▸ **Exercise details**:
When you reach the line with "let h = Begins-write_uint32" in the listing below, transcribe it and each line after it up to and including the line with "Begins-entities n b", exactly and with nothing else.

= = = =

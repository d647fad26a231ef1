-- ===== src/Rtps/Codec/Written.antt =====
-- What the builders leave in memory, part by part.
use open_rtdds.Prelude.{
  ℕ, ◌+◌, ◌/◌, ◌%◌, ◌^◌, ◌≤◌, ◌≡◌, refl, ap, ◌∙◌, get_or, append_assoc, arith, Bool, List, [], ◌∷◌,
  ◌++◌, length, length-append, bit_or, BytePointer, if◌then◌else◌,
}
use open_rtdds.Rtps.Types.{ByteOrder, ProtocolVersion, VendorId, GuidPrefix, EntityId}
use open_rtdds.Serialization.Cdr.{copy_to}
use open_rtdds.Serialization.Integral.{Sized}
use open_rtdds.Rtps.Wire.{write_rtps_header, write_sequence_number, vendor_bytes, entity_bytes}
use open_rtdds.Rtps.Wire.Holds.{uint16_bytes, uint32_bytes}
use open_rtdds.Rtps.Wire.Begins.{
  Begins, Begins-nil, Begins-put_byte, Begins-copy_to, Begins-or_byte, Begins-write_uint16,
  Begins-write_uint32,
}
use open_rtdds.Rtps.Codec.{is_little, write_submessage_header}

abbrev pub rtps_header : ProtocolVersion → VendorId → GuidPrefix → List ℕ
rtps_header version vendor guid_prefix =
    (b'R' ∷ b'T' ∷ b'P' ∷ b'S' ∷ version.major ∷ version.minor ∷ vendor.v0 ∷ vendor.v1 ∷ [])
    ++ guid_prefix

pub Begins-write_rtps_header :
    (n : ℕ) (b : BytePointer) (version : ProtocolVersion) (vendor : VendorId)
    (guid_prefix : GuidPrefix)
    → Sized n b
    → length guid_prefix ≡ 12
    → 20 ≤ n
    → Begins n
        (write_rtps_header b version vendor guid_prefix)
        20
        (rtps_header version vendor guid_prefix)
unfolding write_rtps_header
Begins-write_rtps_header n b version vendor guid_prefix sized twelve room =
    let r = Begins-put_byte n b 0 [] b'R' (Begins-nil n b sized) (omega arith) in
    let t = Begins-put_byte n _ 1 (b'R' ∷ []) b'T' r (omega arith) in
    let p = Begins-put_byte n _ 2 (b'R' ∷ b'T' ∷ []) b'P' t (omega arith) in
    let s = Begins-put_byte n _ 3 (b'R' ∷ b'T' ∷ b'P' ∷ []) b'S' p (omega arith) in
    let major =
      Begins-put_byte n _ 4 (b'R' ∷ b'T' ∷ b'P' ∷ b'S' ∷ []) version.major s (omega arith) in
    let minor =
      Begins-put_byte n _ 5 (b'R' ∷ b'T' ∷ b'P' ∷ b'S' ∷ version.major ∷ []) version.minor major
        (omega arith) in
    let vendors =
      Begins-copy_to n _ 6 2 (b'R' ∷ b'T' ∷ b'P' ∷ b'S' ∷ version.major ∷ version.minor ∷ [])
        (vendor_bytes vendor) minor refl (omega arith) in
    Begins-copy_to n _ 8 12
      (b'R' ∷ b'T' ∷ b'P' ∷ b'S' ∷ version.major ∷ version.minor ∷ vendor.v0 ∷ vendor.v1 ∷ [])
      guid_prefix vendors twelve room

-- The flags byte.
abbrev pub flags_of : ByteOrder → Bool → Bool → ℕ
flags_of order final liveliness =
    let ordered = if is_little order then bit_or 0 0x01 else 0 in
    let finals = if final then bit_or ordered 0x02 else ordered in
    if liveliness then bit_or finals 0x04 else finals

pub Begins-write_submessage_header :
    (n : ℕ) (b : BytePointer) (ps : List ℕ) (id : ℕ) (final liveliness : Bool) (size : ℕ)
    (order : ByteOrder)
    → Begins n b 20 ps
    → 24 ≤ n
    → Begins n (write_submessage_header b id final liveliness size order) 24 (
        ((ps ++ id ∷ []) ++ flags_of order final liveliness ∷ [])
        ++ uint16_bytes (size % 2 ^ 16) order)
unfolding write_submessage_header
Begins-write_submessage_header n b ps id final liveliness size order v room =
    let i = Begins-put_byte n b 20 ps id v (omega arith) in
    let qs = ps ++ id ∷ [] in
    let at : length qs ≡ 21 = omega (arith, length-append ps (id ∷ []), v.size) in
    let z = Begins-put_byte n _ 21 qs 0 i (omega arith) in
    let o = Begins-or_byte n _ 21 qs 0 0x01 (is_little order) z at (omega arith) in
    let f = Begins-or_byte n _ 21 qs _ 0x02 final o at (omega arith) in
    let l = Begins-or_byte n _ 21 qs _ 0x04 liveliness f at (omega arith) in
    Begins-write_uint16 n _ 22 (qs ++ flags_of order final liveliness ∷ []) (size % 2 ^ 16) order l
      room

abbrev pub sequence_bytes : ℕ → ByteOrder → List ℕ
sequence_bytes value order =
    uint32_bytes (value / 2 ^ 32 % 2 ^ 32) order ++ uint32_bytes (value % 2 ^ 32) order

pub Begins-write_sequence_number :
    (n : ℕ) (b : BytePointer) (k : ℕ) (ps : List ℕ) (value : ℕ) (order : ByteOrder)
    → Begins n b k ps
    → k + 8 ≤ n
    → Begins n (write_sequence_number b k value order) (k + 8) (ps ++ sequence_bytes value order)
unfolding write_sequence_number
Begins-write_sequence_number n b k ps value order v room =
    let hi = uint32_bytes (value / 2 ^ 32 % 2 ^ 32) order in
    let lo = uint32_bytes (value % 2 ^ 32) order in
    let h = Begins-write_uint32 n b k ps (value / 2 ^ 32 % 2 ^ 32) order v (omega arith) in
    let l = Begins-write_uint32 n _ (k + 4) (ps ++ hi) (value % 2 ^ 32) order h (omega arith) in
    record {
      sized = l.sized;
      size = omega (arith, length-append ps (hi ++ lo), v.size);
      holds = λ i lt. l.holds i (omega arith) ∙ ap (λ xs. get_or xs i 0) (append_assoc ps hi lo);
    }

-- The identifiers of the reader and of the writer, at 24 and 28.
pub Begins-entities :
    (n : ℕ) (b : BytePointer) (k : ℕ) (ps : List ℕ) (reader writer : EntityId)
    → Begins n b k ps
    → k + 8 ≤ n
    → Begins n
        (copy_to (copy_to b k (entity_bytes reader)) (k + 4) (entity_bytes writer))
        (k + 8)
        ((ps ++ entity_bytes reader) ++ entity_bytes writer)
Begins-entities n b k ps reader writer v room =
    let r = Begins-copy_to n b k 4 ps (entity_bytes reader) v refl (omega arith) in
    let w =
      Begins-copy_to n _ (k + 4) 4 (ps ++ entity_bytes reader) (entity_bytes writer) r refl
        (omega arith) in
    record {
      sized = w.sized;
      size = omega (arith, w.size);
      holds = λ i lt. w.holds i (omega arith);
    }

= = = =

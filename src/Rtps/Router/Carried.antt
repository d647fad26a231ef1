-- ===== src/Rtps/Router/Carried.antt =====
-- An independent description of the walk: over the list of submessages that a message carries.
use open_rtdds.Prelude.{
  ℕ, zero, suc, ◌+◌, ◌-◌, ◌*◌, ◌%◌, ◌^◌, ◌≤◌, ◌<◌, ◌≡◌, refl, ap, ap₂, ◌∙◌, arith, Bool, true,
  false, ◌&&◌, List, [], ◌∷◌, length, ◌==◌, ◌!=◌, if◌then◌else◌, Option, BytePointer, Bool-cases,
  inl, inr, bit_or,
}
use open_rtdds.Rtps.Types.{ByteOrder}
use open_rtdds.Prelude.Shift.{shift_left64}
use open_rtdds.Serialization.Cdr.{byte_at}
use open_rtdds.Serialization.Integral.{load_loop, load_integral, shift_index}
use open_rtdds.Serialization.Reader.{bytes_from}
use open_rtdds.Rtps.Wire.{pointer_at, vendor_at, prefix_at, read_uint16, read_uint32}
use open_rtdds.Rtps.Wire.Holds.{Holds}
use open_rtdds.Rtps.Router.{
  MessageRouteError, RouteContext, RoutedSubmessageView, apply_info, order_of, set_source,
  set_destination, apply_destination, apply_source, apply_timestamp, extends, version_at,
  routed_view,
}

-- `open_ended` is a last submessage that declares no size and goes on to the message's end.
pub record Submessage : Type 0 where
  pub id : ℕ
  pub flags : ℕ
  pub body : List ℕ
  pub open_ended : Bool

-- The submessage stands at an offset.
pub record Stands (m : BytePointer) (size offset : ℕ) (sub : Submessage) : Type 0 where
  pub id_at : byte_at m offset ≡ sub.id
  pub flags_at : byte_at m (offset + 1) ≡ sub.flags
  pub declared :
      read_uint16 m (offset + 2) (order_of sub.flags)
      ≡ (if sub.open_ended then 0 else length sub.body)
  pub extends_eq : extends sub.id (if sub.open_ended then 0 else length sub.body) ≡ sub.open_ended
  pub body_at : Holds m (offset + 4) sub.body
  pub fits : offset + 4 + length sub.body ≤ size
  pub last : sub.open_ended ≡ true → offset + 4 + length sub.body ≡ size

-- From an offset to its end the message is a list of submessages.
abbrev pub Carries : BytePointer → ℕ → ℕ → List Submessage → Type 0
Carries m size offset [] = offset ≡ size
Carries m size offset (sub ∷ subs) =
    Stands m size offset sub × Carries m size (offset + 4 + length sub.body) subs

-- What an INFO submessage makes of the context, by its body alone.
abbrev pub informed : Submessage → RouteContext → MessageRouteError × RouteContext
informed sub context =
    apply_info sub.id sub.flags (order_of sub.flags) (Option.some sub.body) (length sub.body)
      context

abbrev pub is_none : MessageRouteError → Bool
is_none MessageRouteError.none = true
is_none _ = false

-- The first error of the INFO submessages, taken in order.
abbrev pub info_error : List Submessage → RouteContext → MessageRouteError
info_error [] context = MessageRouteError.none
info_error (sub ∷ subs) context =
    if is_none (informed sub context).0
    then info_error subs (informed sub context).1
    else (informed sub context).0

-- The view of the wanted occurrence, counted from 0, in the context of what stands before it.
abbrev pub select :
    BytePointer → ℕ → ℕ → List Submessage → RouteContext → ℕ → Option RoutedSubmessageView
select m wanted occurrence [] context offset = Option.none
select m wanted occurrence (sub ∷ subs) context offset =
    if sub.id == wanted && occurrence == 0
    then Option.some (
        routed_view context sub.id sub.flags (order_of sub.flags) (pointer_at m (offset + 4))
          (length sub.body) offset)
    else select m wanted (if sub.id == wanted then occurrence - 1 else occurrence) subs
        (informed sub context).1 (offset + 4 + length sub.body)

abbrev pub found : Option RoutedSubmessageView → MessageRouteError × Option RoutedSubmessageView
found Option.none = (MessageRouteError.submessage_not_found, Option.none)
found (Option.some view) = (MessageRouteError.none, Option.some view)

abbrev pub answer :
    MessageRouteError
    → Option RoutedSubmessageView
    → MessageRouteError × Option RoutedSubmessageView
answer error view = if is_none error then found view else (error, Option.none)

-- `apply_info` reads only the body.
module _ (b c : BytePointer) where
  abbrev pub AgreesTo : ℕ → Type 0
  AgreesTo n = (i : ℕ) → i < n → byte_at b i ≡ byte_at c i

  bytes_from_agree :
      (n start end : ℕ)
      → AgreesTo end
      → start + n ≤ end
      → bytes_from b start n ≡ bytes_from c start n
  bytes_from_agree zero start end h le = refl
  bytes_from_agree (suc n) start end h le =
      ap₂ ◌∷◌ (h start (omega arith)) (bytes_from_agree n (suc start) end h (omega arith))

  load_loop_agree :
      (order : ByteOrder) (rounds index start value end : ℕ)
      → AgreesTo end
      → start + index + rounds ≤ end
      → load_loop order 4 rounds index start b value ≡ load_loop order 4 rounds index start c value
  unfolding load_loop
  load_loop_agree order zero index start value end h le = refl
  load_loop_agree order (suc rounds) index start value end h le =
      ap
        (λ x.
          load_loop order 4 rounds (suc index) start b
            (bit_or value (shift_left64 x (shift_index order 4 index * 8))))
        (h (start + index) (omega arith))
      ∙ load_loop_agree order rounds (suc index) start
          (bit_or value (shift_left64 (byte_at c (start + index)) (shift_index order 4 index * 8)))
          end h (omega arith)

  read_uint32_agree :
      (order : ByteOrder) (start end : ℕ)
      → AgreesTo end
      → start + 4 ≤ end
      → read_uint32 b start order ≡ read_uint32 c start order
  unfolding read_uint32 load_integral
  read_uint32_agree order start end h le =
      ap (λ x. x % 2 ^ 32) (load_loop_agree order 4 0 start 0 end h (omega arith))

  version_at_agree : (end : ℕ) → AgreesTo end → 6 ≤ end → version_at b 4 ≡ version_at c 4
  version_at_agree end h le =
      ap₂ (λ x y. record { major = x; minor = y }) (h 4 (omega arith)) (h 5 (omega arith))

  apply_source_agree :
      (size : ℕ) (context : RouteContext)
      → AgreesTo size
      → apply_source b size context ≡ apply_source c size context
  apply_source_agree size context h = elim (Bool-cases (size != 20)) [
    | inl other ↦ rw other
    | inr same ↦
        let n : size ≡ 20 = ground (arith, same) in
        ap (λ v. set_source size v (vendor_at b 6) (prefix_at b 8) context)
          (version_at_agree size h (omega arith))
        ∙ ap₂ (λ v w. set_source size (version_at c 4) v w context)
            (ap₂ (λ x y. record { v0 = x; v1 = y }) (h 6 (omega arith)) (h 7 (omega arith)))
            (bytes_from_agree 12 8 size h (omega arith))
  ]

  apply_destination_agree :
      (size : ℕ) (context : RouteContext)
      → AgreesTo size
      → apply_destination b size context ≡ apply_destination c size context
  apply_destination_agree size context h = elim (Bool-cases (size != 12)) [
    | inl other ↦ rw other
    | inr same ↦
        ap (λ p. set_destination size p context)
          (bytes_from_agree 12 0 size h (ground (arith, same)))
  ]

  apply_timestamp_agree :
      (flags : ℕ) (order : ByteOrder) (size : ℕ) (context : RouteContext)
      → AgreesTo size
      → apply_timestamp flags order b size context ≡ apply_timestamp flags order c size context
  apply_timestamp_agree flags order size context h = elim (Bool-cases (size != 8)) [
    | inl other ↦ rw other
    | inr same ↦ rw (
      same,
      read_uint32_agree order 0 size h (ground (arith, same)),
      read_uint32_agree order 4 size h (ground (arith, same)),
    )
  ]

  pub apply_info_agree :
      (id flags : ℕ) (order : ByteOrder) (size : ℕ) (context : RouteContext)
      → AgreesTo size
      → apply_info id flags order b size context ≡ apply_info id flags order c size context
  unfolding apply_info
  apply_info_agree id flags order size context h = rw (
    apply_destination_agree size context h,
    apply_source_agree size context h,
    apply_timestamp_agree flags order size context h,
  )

= = = =

▸ **Exercise answer**:
    let h = Begins-write_uint32 n b k ps (value / 2 ^ 32 % 2 ^ 32) order v (omega arith) in
    let l = Begins-write_uint32 n _ (k + 4) (ps ++ hi) (value % 2 ^ 32) order h (omega arith) in
    record {
      sized = l.sized;
      size = omega (arith, length-append ps (hi ++ lo), v.size);
      holds = λ i lt. l.holds i (omega arith) ∙ ap (λ xs. get_or xs i 0) (append_assoc ps hi lo);
    }

-- The identifiers of the reader and of the writer, at 24 and 28.
pub Begins-entities :
    (n : ℕ) (b : BytePointer) (k : ℕ) (ps : List ℕ) (reader writer : EntityId)
    → Begins n b k ps
    → k + 8 ≤ n
    → Begins n
        (copy_to (copy_to b k (entity_bytes reader)) (k + 4) (entity_bytes writer))
        (k + 8)
        ((ps ++ entity_bytes reader) ++ entity_bytes writer)
Begins-entities n b k ps reader writer v room =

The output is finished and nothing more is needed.